• INSTRUCTIONS FOR THE TASK
Look through the records below for the line with "(id : Text)" and the line with "ap (λ (v : SessionModel). v.token_hash)", then return those lines and all lines between, exactly.

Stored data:
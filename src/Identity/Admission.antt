-- ===== src/Identity/Admission.antt =====
-- What the middleware has established of a request that it passes on.
use nexa_panel.Prelude.{
  ℕ, ◌-◌, ◌≤◌, ◌<◌, ◌≡◌, ◌⊎◌, inl, inr, refl, ap, sym, subst, ◌∙◌, Bool, true, false, not, ◌&&◌,
  Option, none, some, some_eq, List, [], ◌∷◌, Text, codes, is_empty, text_eq, text_eq_sound,
  trim_space, ltb, ltb→lt, arith, Bool-cases, Option-cases, if◌then◌else◌, IsIn,
}
use nexa_panel.Jobs.Redact.{starts_with}
use nexa_panel.Identity.Model.{UserModel, SessionModel, Db, Principal, Request, Outside}
use nexa_panel.Identity.Sessions.{
  Answer, granted, refused, Joined, user_with, find_session, principal_of, is_none, safe_method,
  valid_request_origin, valid_csrf_token, authenticate_row, authenticate_cookie, authenticate,
  enforce_origin_and_csrf, answered, admit, pass_on, middleware,
}

user_with_sound :
    (id : Text) (users : List UserModel) (user : UserModel)
    → user_with id users ≡ some user
    → IsIn user users × (user.id ≡ id)
user_with_sound id [] user e = cc
user_with_sound id (u ∷ users) user e = elim (Bool-cases (text_eq u.id id)) [
  | inl same ↦
      let here : user ≡ u = some_eq user u (sym e ∙ rw same refl) in
      (inl here, ap (λ (v : UserModel). v.id) here ∙ text_eq_sound u.id id same)
  | inr other ↦
      let rest = user_with_sound id users user (sym (rw other refl) ∙ e) in (inr rest.0, rest.1)
]

-- What a row of the join is: a session of the table under the hash, and its user.
abbrev IsRow : Text → List UserModel → List SessionModel → SessionModel → UserModel → Type 0
IsRow hash users sessions s u =
    IsIn s sessions × IsIn u users × (s.token_hash ≡ hash) × (u.id ≡ s.user_id)

first_row :
    (hash : Text) (users : List UserModel) (session : SessionModel) (sessions : List SessionModel)
    (user : UserModel) (s : SessionModel) (u : UserModel)
    → text_eq session.token_hash hash ≡ true
    → user_with session.user_id users ≡ some user
    → ◌≡◌ {A = Joined} (session, user) (s, u)
    → IsRow hash users (session ∷ sessions) s u
first_row hash users session sessions user s u same found both =
    let s_is : session ≡ s = ap (λ (j : Joined). j.0) both in
    let u_is : user ≡ u = ap (λ (j : Joined). j.1) both in
    let known = user_with_sound session.user_id users user found in
    (
      inl (sym s_is),
      subst (λ v. IsIn v users) u_is known.0,
      ap (λ (v : SessionModel). v.token_hash) (sym s_is)
          ∙ text_eq_sound session.token_hash hash same,
      ap (λ (v : UserModel). v.id) (sym u_is)
          ∙ (known.1 ∙ ap (λ (v : SessionModel). v.user_id) s_is),
    )

find_session_sound :
    (hash : Text) (users : List UserModel) (sessions : List SessionModel) (s : SessionModel)
    (u : UserModel)
    → find_session hash users sessions ≡ some (s, u)
    → IsRow hash users sessions s u
unfolding find_session
find_session_sound hash users [] s u e = absurd (cc)
find_session_sound hash users (session ∷ sessions) s u e =
    let later : find_session hash users sessions ≡ some (s, u)
        → IsRow hash users (session ∷ sessions) s u =
      λ h.
        let rest = find_session_sound hash users sessions s u h in
        (inr rest.0, rest.1, rest.2, rest.3) in
    elim (Bool-cases (text_eq session.token_hash hash)) [
      | inl same ↦ elim (Option-cases (user_with session.user_id users)) [
        | inl gone ↦ later (sym (rw (same, gone) refl) ∙ e)
        | inr (user, found) ↦
            first_row hash users session sessions user s u same found
              (some_eq (session, user) (s, u) (sym (rw (same, found) refl) ∙ e))
      ]
      | inr other ↦ later (sym (rw other refl) ∙ e)
    ]

-- A check that was passed, where only its other branch grants.
past :
    (b : Bool) (e : Text) (d d' : Db) (rest : Answer Principal × Db) (p : Principal)
    → ◌≡◌ {A = Answer Principal × Db} (if b then (refused e, d) else rest) (granted p, d')
    → (b ≡ false) × (rest ≡ (granted p, d'))
past true e d d' rest p h = absurd (cc)
past false e d d' rest p h = (refl, h)

granted_eq :
    (p q : Principal) (d d' : Db)
    → ◌≡◌ {A = Answer Principal × Db} (granted p, d) (granted q, d')
    → p ≡ q
granted_eq p q d d' e = cc

-- What a live session is: a row under the hash of the cookie's token, of a user that exists, before its end,
-- used within the idle time, and bound to a token against cross-site requests.
pub record IsLive (out : Outside) (idle_timeout now : ℕ) (r : Request) (db : Db) (p : Principal)
    : Type 0 where
  pub token : Text
  pub session : SessionModel
  pub user : UserModel
  pub presented : r.cookie ≡ some token
  pub stored : IsIn session db.sessions
  pub known : IsIn user db.users
  pub hashed : session.token_hash ≡ out.sha256 token
  pub owned : user.id ≡ session.user_id
  pub unexpired : now < session.expires_at
  pub used : now - session.last_seen_at ≤ idle_timeout
  pub bound : is_empty session.csrf_token_hash ≡ false
  pub is_principal : principal_of (out.sha256 token) session user ≡ p

at_most : (a b : ℕ) → ltb a b ≡ false → b ≤ a
at_most a b e = ground arith

not-false : (b : Bool) → not b ≡ false → b ≡ true
not-false true e = refl
not-false false e = cc

module _ (out : Outside) (idle_timeout now : ℕ) (r : Request) (db db' : Db) (p : Principal) where
  row-IsLive :
      (token : Text)
      → r.cookie ≡ some token
      → (j : Option Joined) → find_session (out.sha256 token) db.users db.sessions ≡ j
      → authenticate_row out idle_timeout r now (out.sha256 token) j db ≡ (granted p, db')
      → IsLive out idle_timeout now r db p
  unfolding authenticate_row
  row-IsLive token c none found e = absurd (cc)
  row-IsLive token c (some (session, user)) found e =
      let p1 = past _ _ _ _ _ p e in
      let p2 = past _ _ _ _ _ p p1.1 in
      let p3 = past _ _ _ _ _ p p2.1 in
      let row = find_session_sound (out.sha256 token) db.users db.sessions session user found in
      record {
        token = token;
        session = session;
        user = user;
        presented = c;
        stored = row.0;
        known = row.1;
        hashed = row.2;
        owned = row.3;
        unexpired = ltb→lt now session.expires_at (not-false _ p1.0);
        used = at_most idle_timeout (now - session.last_seen_at) p2.0;
        bound = p3.0;
        is_principal = granted_eq _ p _ db' p3.1;
      }

  cookie-IsLive :
      (c : Option Text)
      → r.cookie ≡ c
      → authenticate_cookie out idle_timeout r now c db ≡ (granted p, db')
      → IsLive out idle_timeout now r db p
  unfolding authenticate_cookie
  cookie-IsLive none c e = absurd (cc)
  cookie-IsLive (some token) c e = row-IsLive token c _ refl (past _ _ _ _ _ p e).1

  pub authenticate-IsLive :
      authenticate out idle_timeout r now db ≡ (granted p, db') → IsLive out idle_timeout now r db p
  unfolding authenticate
  authenticate-IsLive e = cookie-IsLive r.cookie refl e

-- Which requests came from this panel: those with a safe method, and those whose origin checks out and that
-- carry the token of the session, where it is not the tools' own.
abbrev pub CameFromPanel : Outside → Request → Principal → Bool → Type 0
CameFromPanel out r p allow_tools =
    (safe_method r.method ≡ true)
    ⊎ ((valid_request_origin out r ≡ true)
        × (((allow_tools && starts_with (codes "/tools/") r.path) ≡ true)
            ⊎ (out.sha256 (trim_space r.csrf_token) ≡ p.csrf_token_hash)))

module _ (out : Outside) (r : Request) (p : Principal) where
  csrf_sound :
      valid_csrf_token out r p ≡ true
      → (safe_method r.method ≡ true) ⊎ (out.sha256 (trim_space r.csrf_token) ≡ p.csrf_token_hash)
  unfolding valid_csrf_token
  csrf_sound e = elim (Bool-cases (safe_method r.method)) [
    | inl safe ↦ inl safe
    | inr unsafe ↦ elim (Bool-cases (is_empty (trim_space r.csrf_token))) [
      | inl empty ↦ absurd (cc)
      | inr given ↦ inr (text_eq_sound _ _ (sym (rw (unsafe, given) refl) ∙ e))
    ]
  ]

  enforce_sound :
      (allow_tools : Bool)
      → enforce_origin_and_csrf out r p allow_tools ≡ none
      → CameFromPanel out r p allow_tools
  unfolding enforce_origin_and_csrf
  enforce_sound allow_tools e = elim (Bool-cases (valid_request_origin out r)) [
    | inr foreign ↦ absurd (cc)
    | inl own ↦ elim (Bool-cases (allow_tools && starts_with (codes "/tools/") r.path)) [
      | inl tools ↦ inr (own, inl tools)
      | inr other ↦ elim (Bool-cases (valid_csrf_token out r p)) [
        | inr forged ↦ absurd (cc)
        | inl bound ↦ elim (csrf_sound bound) [
          | inl safe ↦ inl safe
          | inr token ↦ inr (own, inr token)
        ]
      ]
    ]
  ]

  answered_sound :
      (e : Option Text) (q : Principal) → answered out p e ≡ granted q → (e ≡ none) × (p ≡ q)
  answered_sound none q h = (refl, cc)
  answered_sound (some e) q h = absurd (cc)

  admit_sound :
      (q : Principal)
      → admit out r p ≡ granted q
      → (p ≡ q)
        × ((p.totp_confirmed_at ≡ none) ⊎ (is_none p.mfa_verified_at ≡ false))
        × CameFromPanel out r p true
  admit_sound q e =
      elim (Bool-cases (not (is_none p.totp_confirmed_at) && is_none p.mfa_verified_at)) [
        | inl challenged ↦ absurd (cc)
        | inr free ↦
            let told =
              answered_sound (enforce_origin_and_csrf out r p true) q (sym (rw free refl) ∙ e) in
            (told.1, factor p.totp_confirmed_at p.mfa_verified_at free, enforce_sound true told.0)
      ]
    where
      factor :
          (confirmed verified : Option ℕ)
          → (not (is_none confirmed) && is_none verified) ≡ false
          → (confirmed ≡ none) ⊎ (is_none verified ≡ false)
      factor none v h = inl refl
      factor (some _) none h = absurd (cc)
      factor (some _) (some _) h = inr refl

module _ (out : Outside) (idle_timeout now : ℕ) (r : Request) (db db' : Db) (q : Principal) where
  passed_on :
      (a : Answer Principal × Db)
      → pass_on out r a ≡ (granted q, db')
      → (p : Principal) × ((a ≡ (granted p, db')) × (admit out r p ≡ granted q))
  passed_on (refused e, d) h = absurd (cc)
  passed_on (granted p, d) h = (p, (cc, ap (λ (x : Answer Principal × Db). x.0) h))

  -- A request that the middleware passes on as `q`: `q` is the principal of a live session, which is a row
  -- of the table under the hash of the cookie, of an account that exists, unexpired, used within the idle
  -- time and bound to a token; an account with a confirmed second factor has answered the challenge in that
  -- session; and the request has a safe method, or its origin checks out and it carries the token of that
  -- session or is one of the proxied tools'.
  pub middleware-IsLive :
      middleware out idle_timeout r now db ≡ (granted q, db')
      → IsLive out idle_timeout now r db q
        × ((q.totp_confirmed_at ≡ none) ⊎ (is_none q.mfa_verified_at ≡ false))
        × CameFromPanel out r q true
  unfolding middleware
  middleware-IsLive e =
      let (p, (auth, adm)) = passed_on (authenticate out idle_timeout r now db) e in
      let told = admit_sound out r p q adm in
      subst
        (λ v.
          IsLive out idle_timeout now r db v
          × ((v.totp_confirmed_at ≡ none) ⊎ (is_none v.mfa_verified_at ≡ false))
          × CameFromPanel out r v true)
        told.0 (authenticate-IsLive out idle_timeout now r db db' p auth, told.1, told.2)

• TASK ANSWER
    (id : Text) (users : List UserModel) (user : UserModel)
    → user_with id users ≡ some user
    → IsIn user users × (user.id ≡ id)
user_with_sound id [] user e = cc
user_with_sound id (u ∷ users) user e = elim (Bool-cases (text_eq u.id id)) [
  | inl same ↦
      let here : user ≡ u = some_eq user u (sym e ∙ rw same refl) in
      (inl here, ap (λ (v : UserModel). v.id) here ∙ text_eq_sound u.id id same)
  | inr other ↦
      let rest = user_with_sound id users user (sym (rw other refl) ∙ e) in (inr rest.0, rest.1)
]

-- What a row of the join is: a session of the table under the hash, and its user.
abbrev IsRow : Text → List UserModel → List SessionModel → SessionModel → UserModel → Type 0
IsRow hash users sessions s u =
    IsIn s sessions × IsIn u users × (s.token_hash ≡ hash) × (u.id ≡ s.user_id)

first_row :
    (hash : Text) (users : List UserModel) (session : SessionModel) (sessions : List SessionModel)
    (user : UserModel) (s : SessionModel) (u : UserModel)
    → text_eq session.token_hash hash ≡ true
    → user_with session.user_id users ≡ some user
    → ◌≡◌ {A = Joined} (session, user) (s, u)
    → IsRow hash users (session ∷ sessions) s u
first_row hash users session sessions user s u same found both =
    let s_is : session ≡ s = ap (λ (j : Joined). j.0) both in
    let u_is : user ≡ u = ap (λ (j : Joined). j.1) both in
    let known = user_with_sound session.user_id users user found in
    (
      inl (sym s_is),
      subst (λ v. IsIn v users) u_is known.0,
      ap (λ (v : SessionModel). v.token_hash) (sym s_is)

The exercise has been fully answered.